Exercise description.
Below are lines of data; give the number of them that contain "field", and only that.

Stored items
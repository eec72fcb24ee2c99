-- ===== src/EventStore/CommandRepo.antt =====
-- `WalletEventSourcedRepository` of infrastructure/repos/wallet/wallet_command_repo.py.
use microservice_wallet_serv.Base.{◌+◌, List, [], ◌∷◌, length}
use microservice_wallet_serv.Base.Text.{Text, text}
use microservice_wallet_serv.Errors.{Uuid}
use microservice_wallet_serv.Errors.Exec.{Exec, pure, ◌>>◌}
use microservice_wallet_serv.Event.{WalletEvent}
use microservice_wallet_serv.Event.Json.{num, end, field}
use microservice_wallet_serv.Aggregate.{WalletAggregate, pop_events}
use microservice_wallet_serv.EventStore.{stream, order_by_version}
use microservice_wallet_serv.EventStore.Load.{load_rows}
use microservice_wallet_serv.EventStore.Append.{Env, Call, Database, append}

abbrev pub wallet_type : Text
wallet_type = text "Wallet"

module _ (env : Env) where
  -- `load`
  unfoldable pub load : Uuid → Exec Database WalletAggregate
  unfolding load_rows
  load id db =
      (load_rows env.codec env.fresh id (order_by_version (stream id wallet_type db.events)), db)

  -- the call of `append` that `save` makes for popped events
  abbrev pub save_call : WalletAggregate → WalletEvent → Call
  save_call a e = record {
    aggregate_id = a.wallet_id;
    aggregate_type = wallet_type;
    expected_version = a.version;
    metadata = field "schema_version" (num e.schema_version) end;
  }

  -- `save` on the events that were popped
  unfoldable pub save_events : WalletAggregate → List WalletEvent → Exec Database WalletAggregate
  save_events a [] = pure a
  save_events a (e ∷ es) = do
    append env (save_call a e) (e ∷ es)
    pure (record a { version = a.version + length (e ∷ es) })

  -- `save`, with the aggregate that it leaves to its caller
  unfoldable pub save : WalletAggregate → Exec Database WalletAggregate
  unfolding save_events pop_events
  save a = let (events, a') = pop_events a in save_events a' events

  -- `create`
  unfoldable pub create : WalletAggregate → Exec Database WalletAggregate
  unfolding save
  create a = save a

---

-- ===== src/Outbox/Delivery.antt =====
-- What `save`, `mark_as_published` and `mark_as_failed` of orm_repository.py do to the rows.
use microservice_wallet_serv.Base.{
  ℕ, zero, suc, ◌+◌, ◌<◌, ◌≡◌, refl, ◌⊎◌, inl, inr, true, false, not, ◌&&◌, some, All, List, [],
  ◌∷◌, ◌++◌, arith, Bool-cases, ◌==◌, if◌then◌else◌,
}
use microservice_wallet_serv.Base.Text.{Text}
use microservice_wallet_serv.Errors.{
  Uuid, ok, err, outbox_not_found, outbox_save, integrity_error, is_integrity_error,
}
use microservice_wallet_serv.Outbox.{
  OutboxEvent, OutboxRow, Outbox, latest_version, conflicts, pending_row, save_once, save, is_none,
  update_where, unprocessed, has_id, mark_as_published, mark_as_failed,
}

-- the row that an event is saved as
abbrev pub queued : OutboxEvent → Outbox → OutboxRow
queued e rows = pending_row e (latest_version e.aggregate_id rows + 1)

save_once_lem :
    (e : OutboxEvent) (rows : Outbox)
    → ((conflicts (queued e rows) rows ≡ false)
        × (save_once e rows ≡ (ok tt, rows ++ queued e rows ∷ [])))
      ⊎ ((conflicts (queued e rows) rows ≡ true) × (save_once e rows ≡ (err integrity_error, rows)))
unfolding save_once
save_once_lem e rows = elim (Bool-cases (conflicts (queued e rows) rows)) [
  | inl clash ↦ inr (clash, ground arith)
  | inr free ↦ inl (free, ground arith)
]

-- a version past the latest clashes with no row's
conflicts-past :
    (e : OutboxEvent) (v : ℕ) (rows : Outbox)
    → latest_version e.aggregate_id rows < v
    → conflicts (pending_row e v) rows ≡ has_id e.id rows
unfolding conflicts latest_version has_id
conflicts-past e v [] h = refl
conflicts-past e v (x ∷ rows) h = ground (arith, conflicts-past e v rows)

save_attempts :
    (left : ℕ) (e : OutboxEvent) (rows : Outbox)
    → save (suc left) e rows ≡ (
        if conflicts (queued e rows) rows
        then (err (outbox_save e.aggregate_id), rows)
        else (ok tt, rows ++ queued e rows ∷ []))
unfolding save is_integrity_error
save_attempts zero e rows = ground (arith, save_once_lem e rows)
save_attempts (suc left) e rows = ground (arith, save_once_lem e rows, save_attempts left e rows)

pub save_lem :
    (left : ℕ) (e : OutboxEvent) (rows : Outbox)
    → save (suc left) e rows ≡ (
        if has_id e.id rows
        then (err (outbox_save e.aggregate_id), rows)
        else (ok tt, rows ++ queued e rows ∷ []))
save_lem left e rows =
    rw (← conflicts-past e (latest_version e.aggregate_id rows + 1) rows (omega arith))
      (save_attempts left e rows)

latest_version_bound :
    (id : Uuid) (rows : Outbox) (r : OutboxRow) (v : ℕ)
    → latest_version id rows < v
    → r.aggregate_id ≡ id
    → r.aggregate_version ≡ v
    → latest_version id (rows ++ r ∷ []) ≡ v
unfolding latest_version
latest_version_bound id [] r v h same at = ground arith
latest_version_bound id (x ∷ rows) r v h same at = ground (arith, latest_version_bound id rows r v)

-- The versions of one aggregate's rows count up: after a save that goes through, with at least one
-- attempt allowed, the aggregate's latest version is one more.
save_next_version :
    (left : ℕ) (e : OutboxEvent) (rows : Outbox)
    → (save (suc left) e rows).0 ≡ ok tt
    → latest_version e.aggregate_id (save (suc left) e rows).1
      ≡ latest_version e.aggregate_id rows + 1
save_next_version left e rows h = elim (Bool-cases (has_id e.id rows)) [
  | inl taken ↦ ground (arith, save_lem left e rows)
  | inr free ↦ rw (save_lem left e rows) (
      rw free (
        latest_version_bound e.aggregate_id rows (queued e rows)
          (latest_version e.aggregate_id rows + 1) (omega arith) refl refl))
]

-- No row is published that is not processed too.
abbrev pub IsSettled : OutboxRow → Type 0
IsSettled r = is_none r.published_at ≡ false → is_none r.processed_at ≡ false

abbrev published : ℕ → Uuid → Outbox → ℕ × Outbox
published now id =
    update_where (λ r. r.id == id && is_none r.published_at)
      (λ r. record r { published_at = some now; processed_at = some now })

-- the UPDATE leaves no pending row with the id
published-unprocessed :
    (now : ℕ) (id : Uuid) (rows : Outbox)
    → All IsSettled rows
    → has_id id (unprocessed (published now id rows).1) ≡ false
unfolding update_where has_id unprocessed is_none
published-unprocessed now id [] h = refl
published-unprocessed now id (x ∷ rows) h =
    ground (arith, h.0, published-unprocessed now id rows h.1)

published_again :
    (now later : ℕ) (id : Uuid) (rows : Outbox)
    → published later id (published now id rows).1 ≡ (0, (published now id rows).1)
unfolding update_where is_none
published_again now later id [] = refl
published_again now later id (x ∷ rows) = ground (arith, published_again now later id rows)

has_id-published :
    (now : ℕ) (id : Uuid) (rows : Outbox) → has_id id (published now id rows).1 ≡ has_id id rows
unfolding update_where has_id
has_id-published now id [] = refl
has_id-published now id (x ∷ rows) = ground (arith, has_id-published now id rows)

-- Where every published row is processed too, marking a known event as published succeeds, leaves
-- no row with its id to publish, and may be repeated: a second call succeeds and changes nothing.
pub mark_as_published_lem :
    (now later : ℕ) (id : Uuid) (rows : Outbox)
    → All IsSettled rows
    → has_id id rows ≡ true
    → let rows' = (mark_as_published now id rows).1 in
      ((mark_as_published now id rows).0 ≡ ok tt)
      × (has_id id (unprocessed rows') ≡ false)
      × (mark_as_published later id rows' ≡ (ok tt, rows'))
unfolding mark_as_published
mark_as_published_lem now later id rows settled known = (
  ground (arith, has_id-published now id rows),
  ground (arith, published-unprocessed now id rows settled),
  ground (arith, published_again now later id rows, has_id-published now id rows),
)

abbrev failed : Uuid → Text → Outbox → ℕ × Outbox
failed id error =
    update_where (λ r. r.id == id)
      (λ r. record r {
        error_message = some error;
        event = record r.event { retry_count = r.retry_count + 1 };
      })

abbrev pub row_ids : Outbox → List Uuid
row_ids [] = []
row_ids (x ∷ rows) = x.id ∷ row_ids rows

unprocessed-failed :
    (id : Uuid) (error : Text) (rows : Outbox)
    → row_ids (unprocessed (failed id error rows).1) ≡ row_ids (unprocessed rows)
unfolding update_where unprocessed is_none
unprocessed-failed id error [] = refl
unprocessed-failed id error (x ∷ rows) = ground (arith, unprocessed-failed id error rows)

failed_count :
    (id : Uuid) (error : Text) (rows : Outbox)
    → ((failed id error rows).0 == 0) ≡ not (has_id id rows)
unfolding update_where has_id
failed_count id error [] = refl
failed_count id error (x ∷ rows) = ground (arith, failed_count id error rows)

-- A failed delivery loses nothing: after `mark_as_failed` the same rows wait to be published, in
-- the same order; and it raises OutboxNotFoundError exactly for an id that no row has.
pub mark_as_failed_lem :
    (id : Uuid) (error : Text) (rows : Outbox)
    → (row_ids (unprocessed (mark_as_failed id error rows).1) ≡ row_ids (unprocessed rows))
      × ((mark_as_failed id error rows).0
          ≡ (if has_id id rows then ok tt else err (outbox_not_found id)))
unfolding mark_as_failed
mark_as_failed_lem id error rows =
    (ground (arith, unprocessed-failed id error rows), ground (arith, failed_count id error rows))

Task solution.
2